**Exercise prompt**
The required output is the line containing "init-IsBounded_example : Settles" through the final line of the material below, printed exactly, with no other lines.

START Dataset records

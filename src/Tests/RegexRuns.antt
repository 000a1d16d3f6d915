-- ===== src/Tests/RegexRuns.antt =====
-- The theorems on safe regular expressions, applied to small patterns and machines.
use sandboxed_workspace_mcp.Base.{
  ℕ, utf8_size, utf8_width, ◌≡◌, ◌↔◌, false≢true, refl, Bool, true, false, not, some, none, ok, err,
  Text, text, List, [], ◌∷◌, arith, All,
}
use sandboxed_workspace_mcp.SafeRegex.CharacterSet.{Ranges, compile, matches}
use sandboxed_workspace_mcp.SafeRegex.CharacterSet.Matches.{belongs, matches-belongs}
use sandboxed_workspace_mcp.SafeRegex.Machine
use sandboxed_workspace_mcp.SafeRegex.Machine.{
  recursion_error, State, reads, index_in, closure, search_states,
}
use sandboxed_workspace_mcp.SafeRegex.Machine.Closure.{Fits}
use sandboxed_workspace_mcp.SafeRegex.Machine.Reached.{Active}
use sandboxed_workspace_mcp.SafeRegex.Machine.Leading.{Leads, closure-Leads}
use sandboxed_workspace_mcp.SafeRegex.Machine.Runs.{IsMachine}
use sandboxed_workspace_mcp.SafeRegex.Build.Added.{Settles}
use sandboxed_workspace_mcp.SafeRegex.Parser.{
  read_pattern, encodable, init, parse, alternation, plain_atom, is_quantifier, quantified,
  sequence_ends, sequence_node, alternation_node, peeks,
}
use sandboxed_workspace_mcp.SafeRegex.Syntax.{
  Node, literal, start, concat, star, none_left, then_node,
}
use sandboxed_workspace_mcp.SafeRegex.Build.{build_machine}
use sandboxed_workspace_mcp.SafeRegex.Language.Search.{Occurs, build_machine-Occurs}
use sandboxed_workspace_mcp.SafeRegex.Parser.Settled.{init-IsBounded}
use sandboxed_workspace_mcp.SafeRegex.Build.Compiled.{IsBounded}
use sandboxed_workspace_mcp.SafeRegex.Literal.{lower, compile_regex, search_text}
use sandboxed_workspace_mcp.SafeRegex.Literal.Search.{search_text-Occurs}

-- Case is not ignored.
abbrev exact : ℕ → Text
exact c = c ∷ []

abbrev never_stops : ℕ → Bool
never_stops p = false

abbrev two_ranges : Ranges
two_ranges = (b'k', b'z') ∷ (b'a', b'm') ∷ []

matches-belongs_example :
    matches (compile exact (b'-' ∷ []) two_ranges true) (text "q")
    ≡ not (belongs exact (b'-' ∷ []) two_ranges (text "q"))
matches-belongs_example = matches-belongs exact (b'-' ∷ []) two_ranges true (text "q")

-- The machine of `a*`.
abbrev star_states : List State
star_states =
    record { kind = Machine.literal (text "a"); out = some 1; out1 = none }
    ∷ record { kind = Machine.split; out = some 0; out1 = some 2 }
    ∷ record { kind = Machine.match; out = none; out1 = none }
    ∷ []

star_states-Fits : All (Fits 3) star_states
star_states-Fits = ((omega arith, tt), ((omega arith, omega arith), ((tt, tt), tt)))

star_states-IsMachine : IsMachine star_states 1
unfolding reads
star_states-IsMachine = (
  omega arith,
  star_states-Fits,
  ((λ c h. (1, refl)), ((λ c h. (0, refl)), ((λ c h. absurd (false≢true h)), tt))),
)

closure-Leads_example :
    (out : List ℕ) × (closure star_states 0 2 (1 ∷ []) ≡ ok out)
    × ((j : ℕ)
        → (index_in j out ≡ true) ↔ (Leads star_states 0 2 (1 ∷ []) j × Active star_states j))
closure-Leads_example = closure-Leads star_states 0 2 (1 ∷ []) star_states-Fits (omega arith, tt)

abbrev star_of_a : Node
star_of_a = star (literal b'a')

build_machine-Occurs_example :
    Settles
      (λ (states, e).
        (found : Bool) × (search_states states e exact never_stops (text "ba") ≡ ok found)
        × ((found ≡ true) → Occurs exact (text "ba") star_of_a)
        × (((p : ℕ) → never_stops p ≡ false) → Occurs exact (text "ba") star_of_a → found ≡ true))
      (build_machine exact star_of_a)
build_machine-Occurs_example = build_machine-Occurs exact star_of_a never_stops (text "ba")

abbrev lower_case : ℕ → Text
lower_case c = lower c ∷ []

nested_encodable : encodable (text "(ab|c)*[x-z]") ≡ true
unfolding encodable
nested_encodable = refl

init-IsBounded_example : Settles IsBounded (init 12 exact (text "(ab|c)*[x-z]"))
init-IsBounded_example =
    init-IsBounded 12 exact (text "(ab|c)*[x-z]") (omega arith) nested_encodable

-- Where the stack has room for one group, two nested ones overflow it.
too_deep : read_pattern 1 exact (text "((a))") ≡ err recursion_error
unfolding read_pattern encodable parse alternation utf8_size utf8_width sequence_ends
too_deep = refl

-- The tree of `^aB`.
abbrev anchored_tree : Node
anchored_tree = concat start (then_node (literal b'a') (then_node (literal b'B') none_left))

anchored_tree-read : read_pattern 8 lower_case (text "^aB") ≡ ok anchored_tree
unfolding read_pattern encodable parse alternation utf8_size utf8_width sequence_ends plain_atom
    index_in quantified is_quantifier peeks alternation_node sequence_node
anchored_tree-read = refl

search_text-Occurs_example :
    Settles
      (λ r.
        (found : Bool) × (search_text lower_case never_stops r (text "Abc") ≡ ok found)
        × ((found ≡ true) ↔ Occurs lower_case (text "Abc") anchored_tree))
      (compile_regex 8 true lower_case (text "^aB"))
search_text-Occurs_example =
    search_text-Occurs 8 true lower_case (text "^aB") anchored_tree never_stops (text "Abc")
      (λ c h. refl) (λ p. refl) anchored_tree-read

END Dataset records

**Exercise result**
init-IsBounded_example : Settles IsBounded (init 12 exact (text "(ab|c)*[x-z]"))
init-IsBounded_example =
    init-IsBounded 12 exact (text "(ab|c)*[x-z]") (omega arith) nested_encodable

-- Where the stack has room for one group, two nested ones overflow it.
too_deep : read_pattern 1 exact (text "((a))") ≡ err recursion_error
unfolding read_pattern encodable parse alternation utf8_size utf8_width sequence_ends
too_deep = refl

-- The tree of `^aB`.
abbrev anchored_tree : Node
anchored_tree = concat start (then_node (literal b'a') (then_node (literal b'B') none_left))

anchored_tree-read : read_pattern 8 lower_case (text "^aB") ≡ ok anchored_tree
unfolding read_pattern encodable parse alternation utf8_size utf8_width sequence_ends plain_atom
    index_in quantified is_quantifier peeks alternation_node sequence_node
anchored_tree-read = refl

search_text-Occurs_example :
    Settles
      (λ r.
        (found : Bool) × (search_text lower_case never_stops r (text "Abc") ≡ ok found)
        × ((found ≡ true) ↔ Occurs lower_case (text "Abc") anchored_tree))
      (compile_regex 8 true lower_case (text "^aB"))
search_text-Occurs_example =
    search_text-Occurs 8 true lower_case (text "^aB") anchored_tree never_stops (text "Abc")
      (λ c h. refl) (λ p. refl) anchored_tree-read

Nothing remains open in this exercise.